WealthTV and top cable operators on Wednesday filed their respective post-hearing reply comments and findings of fact in WealthTV's program carriage complaint against the operators.
Those are essentially summaries from both sides pointing out the defects in their opponent's case and the superiority of their own arguments.
That should conclude the cycle of pre-hearing, hearing and post-hearing arguments, with the decision, in the hands of FCC chief ALJ Richard Sippel, though that will not be the final call. Sippel tried their complaint last month at the direction of the FCC, which sent the WealthTV case and two other complaints to the judge for a de novo trial after an initial bureau finding of program-carriage violations did not pass muster with a majority of the commissioners.
Sippel must now come up with a recommended decision and pass that along to the FCC commissioners, who must ultimately make the decision on the complaint.
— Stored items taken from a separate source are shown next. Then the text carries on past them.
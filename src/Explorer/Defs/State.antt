-- ===== src/Explorer/Defs/State.antt =====
-- The state of the panel, and what it asks of the other parts.
use next_dbm.Base.{Bool, List, [], ◌∷◌, ◌++◌, Text, Option, none, some}
use mathlib.Core.Option
use next_dbm.Tree.Defs.{Info, Forest, info_of, find_node_by_key}
use next_dbm.Utils.Defs.{cut_string_at_dash, DashPosition, dash}
use next_dbm.Tabs.Defs.{Params}
use next_dbm.Dispatch.Defs.{Answer, SqlParams, threw}
use next_dbm.Answers.Defs.{Attr}

-- A request; `attr` comes back with its answer. Times, and the copy of `data` in `attr`, are left out.
pub record Message : Type 0 where
  pub key : Text
  pub ret_type : Text
  pub data' : Answer Text
  pub attr : Attr

-- The calls of the context and of `webSocketManager`.
pub data Call : Type 0 where
  init close_connection : Text → Call
  web_socket_send_data : Message → Call
  sqls_all : (key db_name : Text) → Call
  sqls_delete : (id key db_name : Text) → Call
  sqls_create_or_update : (id name db_name : Text) → Call
  add_tab : Params → Call
  delete_tree_node : Text → Call

-- `currentNode` is an argument of the handlers of its menu.
pub record Panel : Type 0 where
  pub filter : Text
  pub filtered_data : Forest
  pub expanded_keys : List Text
  pub show_menu : Bool
  pub calls : List Call

abbrev pub call : Call → Panel → Panel
call c x = record x { calls = x.calls ++ (c ∷ []) }

-- `getSQLConverter`, without the parameters that stay the same.
abbrev pub Converter : Type 0
Converter = Text → SqlParams → Answer Text

abbrev pub node_at : Text → DashPosition → Panel → Option Info
node_at key position x =
    Option.map info_of (find_node_by_key (cut_string_at_dash key position) x.filtered_data)

-- `cutStringAtDash(node.key,2)` and `findNodeByKey`: the node of the database.
unfoldable pub database_node : Text → Panel → Option Info
database_node key x = node_at key (dash 2) x

-- `webSocketSendData`, behind a converter that may throw.
abbrev pub send_statement : Answer Text → (key ret_type : Text) → Attr → Panel → Option Panel
send_statement threw key ret_type attr x = none
send_statement data' key ret_type attr x = some (
    call
      (web_socket_send_data (record { key = key; ret_type = ret_type; data' = data'; attr = attr }))
      x)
The filings Wednesday were trying to convince Sippel to either recommend denying the complaint or upholding a violation of the FCC's program carriage rules, depending on whose pitch it was.
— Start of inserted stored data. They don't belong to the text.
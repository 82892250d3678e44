-- ===== src/Explorer/Defs/Opening.antt =====
-- Selecting and expanding nodes, and the search field.
use next_dbm.Base.{
  Bool, true, false, ◌||◌, List, [], ◌++◌, length, ltb, Text, codes, text_eq, if◌then◌else◌, Option,
  none, some, and_then,
}
use mathlib.Core.Option
use next_dbm.Tree.Defs.{Info, Forest}
use next_dbm.Utils.Defs.{cut_string_at_dash, dash, last_dash}
use next_dbm.Mysql.Defs.{TableParams}
use next_dbm.Dispatch.Defs.{Answer, SqlParams, nothing, statement}
use next_dbm.Answers.Defs.{Attr}
use next_dbm.Explorer.Defs.Search.{filter_nodes, get_all_keys}
use next_dbm.Explorer.Defs.State.{
  Call, Panel, call, Converter, node_at, database_node, send_statement,
}

abbrev pub no_table : TableParams
no_table = record {
  table_name = [];
  field_data = [];
  index_data = [];
  foreign_key_data = [];
  trigger_data = [];
  option_data = none;
  remark = [];
}

-- `{database}`; the parameters that are not given are empty here, and no converter called with them
-- reads them.
abbrev pub of_database : Text → SqlParams
of_database database = record {
  database = database;
  table_name = [];
  old_name = [];
  new_name = [];
  view_name = [];
  function_name = [];
  procedure_name = [];
  charset = [];
  collation = [];
  sql = [];
  view_options = none;
  table = no_table;
  original_ddl = [];
  modified_ddl = [];
  table_struct = [];
  columns = [];
  rows = [];
  new_rows = [];
  values = [];
  old_row = [];
}

-- `{database, tableName}`
abbrev pub of_table : (database table_name : Text) → SqlParams
of_table database table_name = record (of_database database) { table_name = table_name }

-- `attr` of a request about an object of a database.
abbrev pub attr_of : (asset_id database new_name : Text) → Attr
attr_of asset_id database new_name = record {
  asset_id = some asset_id;
  database = database;
  table_name = none;
  view_name = none;
  function_name = none;
  procedure_name = none;
  new_name = new_name;
  data_type = [];
  tab_id = [];
}

-- `handleExpandAll`; `tree_data` is that of the context.
unfoldable pub handle_expand_all : Forest → Panel → Panel
handle_expand_all tree_data x =
    let all_keys = get_all_keys tree_data in
    if ltb (length x.expanded_keys) (length all_keys)
    then record x { expanded_keys = all_keys }
    else x

unfoldable pub handle_collapse_all : Panel → Panel
handle_collapse_all x = record x { expanded_keys = [] }

-- `handleSearchChange`, and the effect on `filter`.
unfoldable pub handle_search_change : (lower : Text → Text) → Text → Forest → Panel → Panel
handle_search_change lower value tree_data x = record x {
  filter = value;
  filtered_data = filter_nodes lower value tree_data;
}

-- The effect on `treeData`: the new tree is shown whole, whatever is searched for.
unfoldable pub on_tree_data : Forest → Panel → Panel
on_tree_data tree_data x = record x { filtered_data = tree_data }

-- `getTableDDL` of a table, under the key of its node and the mark.
unfoldable pub ask_table_ddl : Converter → Info → Panel → Option Panel
ask_table_ddl get_sql node x = and_then (database_node node.key x) (λ (db : Info).
    and_then db.asset_id (λ (asset_id : Text).
      send_statement (get_sql (codes "getTableDDL") (of_table db.title node.title))
        (node.key ++ codes "-getTableDDL") (codes "KeyValueJsonResult") (attr_of asset_id [] []) x))

-- `onSelect`
unfoldable pub on_select : Converter → Info → Panel → Option Panel
on_select get_sql node x =
    let asked = ask_table_ddl get_sql node x in
    if text_eq node.menu_type (codes "tableMenu") then asked else some x

-- `info.node.menuType == 'tablesMenu' || ...`: the lists below a database, and those below a table.
abbrev pub in_database : Text → Bool
in_database menu_type =
    text_eq menu_type (codes "tablesMenu")
    || text_eq menu_type (codes "viewsMenu")
    || text_eq menu_type (codes "functionsMenu")
    || text_eq menu_type (codes "proceduresMenu")

abbrev pub in_table : Text → Bool
in_table menu_type =
    text_eq menu_type (codes "columnsMenu")
    || text_eq menu_type (codes "keysMenu")
    || text_eq menu_type (codes "indexsMenu")

-- `if (sqlStr)`
abbrev pub send_if_given : Answer Text → (key ret_type : Text) → Attr → Panel → Option Panel
send_if_given nothing key ret_type attr x = some x
send_if_given (statement []) key ret_type attr x = some x
send_if_given data' key ret_type attr x = send_statement data' key ret_type attr x

abbrev pub title_of : Option Info → Text
title_of none = []
title_of (some node) = node.title

-- `if (nodeInfo)`: the statement that lists what is below `node`; `table` is `tableName`.
unfoldable pub ask_children :
    Converter → Info → (node_info table : Option Info) → Panel → Option Panel
ask_children get_sql node none table x = some x
ask_children get_sql node (some db) table x = and_then db.asset_id (λ (asset_id : Text).
    send_if_given (get_sql (codes "getAll" ++ node.menu_type) (of_table db.title (title_of table)))
      node.key node.menu_type
      (record (attr_of asset_id db.title []) {
        table_name = Option.map (λ (t : Info). t.title) table;
      })
      x)

abbrev pub all_sqls : Info → Panel → Option Panel
all_sqls node x =
    Option.map (λ (db : Info). call (Call.sqls_all node.key db.title) x)
      (node_at node.key last_dash x)

abbrev pub expand_node : Converter → Info → Panel → Option Panel
expand_node get_sql node x =
    let sqls = all_sqls node x in
    let of_db = ask_children get_sql node (node_at node.key last_dash x) none x in
    let of_tb =
      ask_children get_sql node (node_at node.key (dash 2) x) (node_at node.key last_dash x) x in
    if text_eq node.menu_type (codes "sqlsMenu")
    then sqls
    else if in_database node.menu_type
    then of_db
    else if in_table node.menu_type
    then of_tb
    else some x

-- An asset is connected and disconnected.
abbrev pub expand_asset : Bool → Info → Panel → Panel
expand_asset true node x = call (Call.init (cut_string_at_dash node.key (dash 5))) x
expand_asset false node x = call (Call.close_connection (cut_string_at_dash node.key (dash 5))) x

-- `onExpand`, with the new keys and `info.expanded`.
unfoldable pub on_expand : Converter → List Text → Bool → Info → Panel → Option Panel
on_expand get_sql expanded_keys expanded node x0 =
    let x = record x0 { expanded_keys = expanded_keys } in
    let opened = expand_node get_sql node x in
    if text_eq node.menu_type (codes "asset") then some (expand_asset expanded node x) else opened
Comcast, Time Warner Cable, Cox Communications and Bright House Networks filed jointly. They said that WealthTV had not produced any direct evidence that any of the MSOs had intentionally discriminated against WealthTV in favor of channels they owned. They said that was because they had not engaged in "unlawful ‘differential treatment' " of their own channel, the now-defunct Mojo network owned by In Demand, which is co-owned by the MSOs.
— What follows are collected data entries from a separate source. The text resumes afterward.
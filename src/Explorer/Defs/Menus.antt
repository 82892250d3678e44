-- ===== src/Explorer/Defs/Menus.antt =====
-- The menus of the nodes. Each function is the entry of a menu, or what it does once its dialog is
-- confirmed or its name is given; the entries that only open a dialog or show a note are left out.
use next_dbm.Base.{
  false, List, [], ◌∷◌, ◌++◌, Text, codes, text_eq, if◌then◌else◌, Option, none, some, and_then,
}
use mathlib.Core.Option
use next_dbm.Tree.Defs.{Info}
use next_dbm.Tabs.Defs.{Params, Mode, editor, filter, diff, designer, view, function, procedure}
use next_dbm.Explorer.Defs.State.{Call, Panel, call, Converter, database_node, send_statement}
use next_dbm.Explorer.Defs.Opening.{of_database, of_table, attr_of, ask_table_ddl}

abbrev pub hide_menu : Panel → Panel
hide_menu x = record x { show_menu = false }

-- `expandedKeys.filter(key => key !== currentNode.key)`
abbrev pub without_key : Text → List Text → List Text
without_key key [] = []
without_key key (k ∷ keys) =
    let rest = without_key key keys in if text_eq k key then rest else k ∷ rest

unfoldable pub close_db : Info → Panel → Panel
close_db node x = hide_menu (record x { expanded_keys = without_key node.key x.expanded_keys })

unfoldable pub open_db : Info → Panel → Panel
open_db node x = hide_menu (record x { expanded_keys = x.expanded_keys ++ (node.key ∷ []) })

-- What an entry does with the node of the database and its asset; without them it throws.
abbrev pub with_database :
    Info → ((db : Info) (asset_id : Text) → Option Panel) → Panel → Option Panel
with_database node f x =
    and_then (database_node node.key x) (λ (db : Info). and_then db.asset_id (f db))

abbrev pub open_tab : Params → Panel → Panel
open_tab params x = hide_menu (call (Call.add_tab params) x)

abbrev pub tab_of : Mode → (key title asset_id : Text) → Params
tab_of type key title asset_id = record {
  key = key;
  title = title;
  type = type;
  sql = [];
  asset_id = asset_id;
  db_name = [];
  table_name = [];
  er_url = [];
}

-- `queryDB`, `openTable` and `add` of the saved queries.
unfoldable pub query_db : Info → Panel → Option Panel
query_db node x =
    with_database node (λ db asset_id. some (open_tab (tab_of editor [] [] asset_id) x)) x

-- `dropDatabase`, confirmed.
unfoldable pub delete_db : Converter → Info → Panel → Option Panel
delete_db get_sql node x =
    send_statement (get_sql (codes "dropDatabase") (of_database node.title)) node.key
      (codes "executeResult") (record (attr_of [] [] []) { asset_id = none }) x

-- `database.name`
abbrev pub full_name : (database name : Text) → Text
full_name database name = database ++ (46 ∷ name)

-- The four `add`, once the name is given: a tab whose key has the mark of what is created.
abbrev pub add_object : Mode → (mark : Text) → (new_name : Text) → Info → Panel → Option Panel
add_object type mark new_name node x =
    with_database node
      (λ (db : Info) asset_id. some (
        call (Call.add_tab (tab_of type (node.key ++ mark) (full_name db.title new_name) asset_id))
          x))
      x

unfoldable pub add_table : Text → Info → Panel → Option Panel
add_table = add_object designer (codes "-createTable")

unfoldable pub add_view : Text → Info → Panel → Option Panel
add_view = add_object view (codes "-createView")

unfoldable pub add_function : Text → Info → Panel → Option Panel
add_function = add_object function (codes "-createFunction")

unfoldable pub add_procedure : Text → Info → Panel → Option Panel
add_procedure = add_object procedure (codes "-createProcedure")

-- `dbm` and `tableDiff`
abbrev pub open_table_tab : Mode → (mark : Text) → Info → Panel → Option Panel
open_table_tab type mark node x =
    with_database node
      (λ (db : Info) asset_id.
        some (open_tab (tab_of type (node.key ++ mark) (full_name db.title node.title) asset_id) x))
      x

unfoldable pub table_dbm : Info → Panel → Option Panel
table_dbm = open_table_tab designer (codes "-alterTable")

unfoldable pub table_diff : Info → Panel → Option Panel
table_diff = open_table_tab diff (codes "-diffTable")

-- `tableFilter`: a tab with the rows of the table, and the request for them.
unfoldable pub table_filter : Converter → Info → Panel → Option Panel
table_filter get_sql node x =
    with_database node
      (λ (db : Info) asset_id.
        let name = full_name db.title node.title in
        let params = record (tab_of filter name name asset_id) {
          db_name = db.title;
          table_name = node.title;
        } in
        Option.map hide_menu (
          send_statement (get_sql (codes "selectTableData") (of_table db.title node.title)) name
            (codes "tableRsesult") (record (attr_of asset_id db.title []) { tab_id = name })
            (call (Call.add_tab params) x)))
      x

-- `tableRename`, with the new name.
unfoldable pub table_rename : Converter → (new_name : Text) → Info → Panel → Option Panel
table_rename get_sql new_name node x =
    with_database node
      (λ (db : Info) asset_id.
        send_statement
          (get_sql (codes "renameTable")
            (record (of_database db.title) { old_name = node.title; new_name = new_name }))
          (node.key ++ codes "-renameTable") (codes "KeyValueJsonResult")
          (attr_of asset_id [] new_name) x)
      x

unfoldable pub table_ddl : Converter → Info → Panel → Option Panel
table_ddl get_sql node x = Option.map hide_menu (ask_table_ddl get_sql node x)

-- `tableDelete`, confirmed: the node is taken out at once.
unfoldable pub table_delete : Converter → Info → Panel → Option Panel
table_delete get_sql node x =
    with_database node
      (λ (db : Info) asset_id. Option.map (call (Call.delete_tree_node node.key)) (
        send_statement (get_sql (codes "dropTable") (of_table db.title node.title)) node.key
          (codes "KeyValueJsonResult")
          (record (attr_of asset_id db.title []) { view_name = some node.title }) x))
      x

-- `tableEmpty`, confirmed.
unfoldable pub table_empty : Converter → Info → Panel → Option Panel
table_empty get_sql node x =
    with_database node
      (λ (db : Info) asset_id.
        send_statement (get_sql (codes "truncateTable") (of_table db.title node.title)) node.key
          (codes "executeResult") (attr_of asset_id [] []) x)
      x

unfoldable pub table_copy : Converter → Info → Panel → Option Panel
table_copy get_sql node x =
    with_database node
      (λ (db : Info) asset_id. Option.map hide_menu (
        send_statement (get_sql (codes "copyTable") (of_table db.title node.title)) node.key
          (codes "executeResult") (attr_of asset_id [] []) x))
      x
WealthTV parent Herring Broadcasting countered that the cable operators' refusal to carry its network had the effect of unreasonably restraining its ability to compete by denying it access to their collective 45 million subscribers, which WealthTV said constitutes about 70% of cable video subs.
Also outstanding is a program-carriage complaint against Comcast by the Mid-Atlantic Sports Network; Sippel presided over that hearing last month.
Sippel also presided over a third complaint, NFL Network vs. Comcast, but the FCC dismissed the complaint after the two settled their dispute with a new carriage deal that put NFL Network on a more widely viewed digital tier.